Bimtek yang berlangsung di Balai Besar Penjaminan Mutu Pendidikan (BBPMP) Provinsi Jawa Timur tersebut diikuti sekitar 180 peserta dari berbagai daerah, mulai Banyuwangi hingga Pacitan. Tingginya antusiasme peserta menunjukkan besarnya kebutuhan sekolah dalam mempersiapkan akreditasi secara lebih matang dan terarah.
Hadir sebagai narasumber, Yuli Rahmawati, Asesor BAN PDM sekaligus Penjamin Standar Mutu JSIT Jawa Timur, serta Mizan, Penjamin Standar Mutu JSIT Jawa Timur. Keduanya memaparkan materi terkait pemahaman instrumen akreditasi, strategi persiapan, hingga teknis pembagian tugas dalam tim akreditasi.
Ketua JSIT Indonesia Wilayah Jawa Timur, Edris Effendi, menegaskan bahwa kegiatan ini merupakan bentuk komitmen JSIT dalam memberikan layanan pendampingan kepada seluruh sekolah anggota.
“Ini adalah bentuk komitmen JSIT Indonesia Wilayah Jawa Timur untuk memberikan pendampingan kepada seluruh sekolah anggota agar mampu melaksanakan akreditasi dengan hasil terbaik,” ujarnya.
Salah satu peserta dari SDIT Insan Mulia mengapresiasi kegiatan tersebut.
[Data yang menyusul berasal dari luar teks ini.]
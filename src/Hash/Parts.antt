-- ===== src/Hash/Parts.antt =====
-- One part of a key: equal parts hash equally, and equality of parts is an equivalence.
use fastmem_mariadb.Prelude.{
  ℕ, zero, suc, ◌-◌, ◌<◌, ◌≡◌, ◌⊎◌, refl, ap, true, false, not, ◌==◌, if◌then◌else◌, drop, arith,
}
use fastmem_mariadb.Core.{Bytes, byte_at, rest_of, read_bytes}
use fastmem_mariadb.KeyDef.{HashState, Charset, SegType, text, vartext1, KeySeg}
use fastmem_mariadb.Data.{same_bytes}
use fastmem_mariadb.Hash.{
  Server, add_bytes, has_bits, plain_length, text_part, var_part, var_of_rec, var_of_cmp,
  var_of_key, rec_part_hash, key_part_hash, rec_part_differs, key_part_differs, var_length,
}

-- What the character set functions have to guarantee: `collate` is an equivalence, and equal texts
-- hash equally.
pub record Collates (cs : Charset) : Type 0 where
  pub same : (a : Bytes) → cs.collate a a ≡ 0
  pub symm : (a b : Bytes) → (cs.collate a b == 0) ≡ (cs.collate b a == 0)
  pub trans : (a b c : Bytes) → cs.collate a b ≡ 0 → cs.collate b c ≡ 0 → cs.collate a c ≡ 0
  pub hashed :
      (h : HashState) (a b : Bytes) → cs.collate a b ≡ 0 → cs.hash_sort h a ≡ cs.hash_sort h b

-- A segment as `fm_prepare_create_info` makes them: a VARCHAR has one or two length bytes, and a BIT
-- part at least one byte.
pub record SegOk (seg : KeySeg) : Type 0 where
  pub collates : Collates seg.charset
  pub length_bytes : seg.type ≡ vartext1 → (seg.bit_start ≡ 1) ⊎ (seg.bit_start ≡ 2)
  pub bit_byte : has_bits seg ≡ true → 0 < seg.length

same_bytes-read : (n : ℕ) (a b : Bytes) → same_bytes n a b ≡ true → read_bytes n a ≡ read_bytes n b
unfolding same_bytes read_bytes
same_bytes-read zero a b e = refl
same_bytes-read (suc n) a b e = ground (arith, same_bytes-read n (rest_of a) (rest_of b))

pub same_bytes_refl : (n : ℕ) (a : Bytes) → same_bytes n a a ≡ true
unfolding same_bytes
same_bytes_refl zero a = refl
same_bytes_refl (suc n) a = ground (arith, same_bytes_refl n (rest_of a))

same_bytes_comm : (n : ℕ) (a b : Bytes) → same_bytes n a b ≡ same_bytes n b a
unfolding same_bytes
same_bytes_comm zero a b = refl
same_bytes_comm (suc n) a b = ground (arith, same_bytes_comm n (rest_of a) (rest_of b))

same_bytes_trans :
    (n : ℕ) (a b c : Bytes)
    → same_bytes n a b ≡ true
    → same_bytes n b c ≡ true
    → same_bytes n a c ≡ true
unfolding same_bytes
same_bytes_trans zero a b c e f = refl
same_bytes_trans (suc n) a b c e f =
    ground (arith, same_bytes_trans n (rest_of a) (rest_of b) (rest_of c))

var_of_cmp-rec :
    (sv : Server) (seg : KeySeg) (pos : Bytes)
    → SegOk seg
    → seg.type ≡ vartext1
    → var_of_cmp sv seg pos ≡ var_of_rec sv seg pos
unfolding var_of_cmp var_of_rec
var_of_cmp-rec sv seg pos ok e =
    let width : (if seg.bit_start == 1 then 1 else 2) ≡ seg.bit_start =
      ground (arith, ok.length_bytes e) in
    ap (λ w. var_part seg seg.length (var_length sv seg pos) (drop w pos)) width

add_first :
    (sv : Server) (h : HashState) (n : ℕ) (pos : Bytes)
    → 0 < n
    → add_bytes sv h (read_bytes n pos)
      ≡ add_bytes sv (sv.hash_add h (byte_at pos)) (read_bytes (n - 1) (rest_of pos))
unfolding add_bytes read_bytes
add_first sv h zero pos pos_n = absurd (omega arith)
add_first sv h (suc n) pos pos_n = ground arith

module _ (sv : Server) (seg : KeySeg) (ok : SegOk seg) where
  pub rec_part-hash :
      (ty : SegType) (a b : Bytes) (h : HashState)
      → seg.type ≡ ty
      → rec_part_differs sv ty seg a b ≡ false
      → rec_part_hash sv ty seg a h ≡ rec_part_hash sv ty seg b h
  unfolding rec_part_differs rec_part_hash
  rec_part-hash text a b h e d =
      ok.collates.hashed h (text_part seg (drop seg.start a)) (text_part seg (drop seg.start b))
        (ground arith)
  rec_part-hash vartext1 a b h e d =
      ok.collates.hashed h (var_of_rec sv seg (drop seg.start a))
        (var_of_rec sv seg (drop seg.start b))
        (ground (
          arith,
          var_of_cmp-rec sv seg (drop seg.start a) ok e,
          var_of_cmp-rec sv seg (drop seg.start b) ok e,
        ))
  rec_part-hash _ a b h e d =
      ground (arith, same_bytes-read (plain_length seg) (drop seg.start a) (drop seg.start b))

  pub rec_part_comm :
      (ty : SegType) (a b : Bytes) → rec_part_differs sv ty seg a b ≡ rec_part_differs sv ty seg b a
  unfolding rec_part_differs
  rec_part_comm text a b =
      ap not
        (ok.collates.symm (text_part seg (drop seg.start a)) (text_part seg (drop seg.start b)))
  rec_part_comm vartext1 a b = ap not (
      ok.collates.symm (var_of_cmp sv seg (drop seg.start a))
        (var_of_cmp sv seg (drop seg.start b)))
  rec_part_comm _ a b =
      ground (arith, same_bytes_comm (plain_length seg) (drop seg.start a) (drop seg.start b))

  pub rec_part_trans :
      (ty : SegType) (a b c : Bytes)
      → rec_part_differs sv ty seg a b ≡ false
      → rec_part_differs sv ty seg b c ≡ false
      → rec_part_differs sv ty seg a c ≡ false
  unfolding rec_part_differs
  rec_part_trans text a b c e f = ground (
    arith,
    ok.collates.trans (text_part seg (drop seg.start a)) (text_part seg (drop seg.start b))
        (text_part seg (drop seg.start c)),
  )
  rec_part_trans vartext1 a b c e f = ground (
    arith,
    ok.collates.trans (var_of_cmp sv seg (drop seg.start a)) (var_of_cmp sv seg (drop seg.start b))
        (var_of_cmp sv seg (drop seg.start c)),
  )
  rec_part_trans _ a b c e f = ground (
    arith,
    same_bytes_trans (plain_length seg) (drop seg.start a) (drop seg.start b) (drop seg.start c),
  )

  pub key_part-hash :
      (ty : SegType) (rec pos : Bytes) (h : HashState)
      → seg.type ≡ ty
      → key_part_differs sv ty seg rec pos ≡ false
      → rec_part_hash sv ty seg rec h ≡ key_part_hash sv ty seg pos h
  unfolding key_part_differs rec_part_hash key_part_hash
  key_part-hash text rec pos h e d =
      ok.collates.hashed h (text_part seg (drop seg.start rec)) (text_part seg pos) (ground arith)
  key_part-hash vartext1 rec pos h e d =
      ok.collates.hashed h (var_of_rec sv seg (drop seg.start rec)) (var_of_key sv seg pos)
        (ground arith)
  key_part-hash _ rec pos h e d = ground (
    arith,
    ok.bit_byte,
    same_bytes-read seg.length (drop seg.start rec) pos,
    same_bytes-read (plain_length seg) (drop seg.start rec) (rest_of pos),
    add_first sv h seg.length pos,
  )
Ia mengaku mendapatkan banyak wawasan baru dalam mempersiapkan akreditasi.
“Saya sangat senang bisa mengikuti bimtek ini. Banyak pencerahan dan ide baru yang saya peroleh untuk persiapan akreditasi ke depan, termasuk memahami instrumen, pembagian tugas tim, serta berbagai tips penting lainnya,” ungkapnya.
Melalui kegiatan ini, diharapkan peserta mampu mengimplementasikan pengetahuan yang diperoleh guna meningkatkan kualitas satuan pendidikan serta meraih hasil akreditasi yang optimal.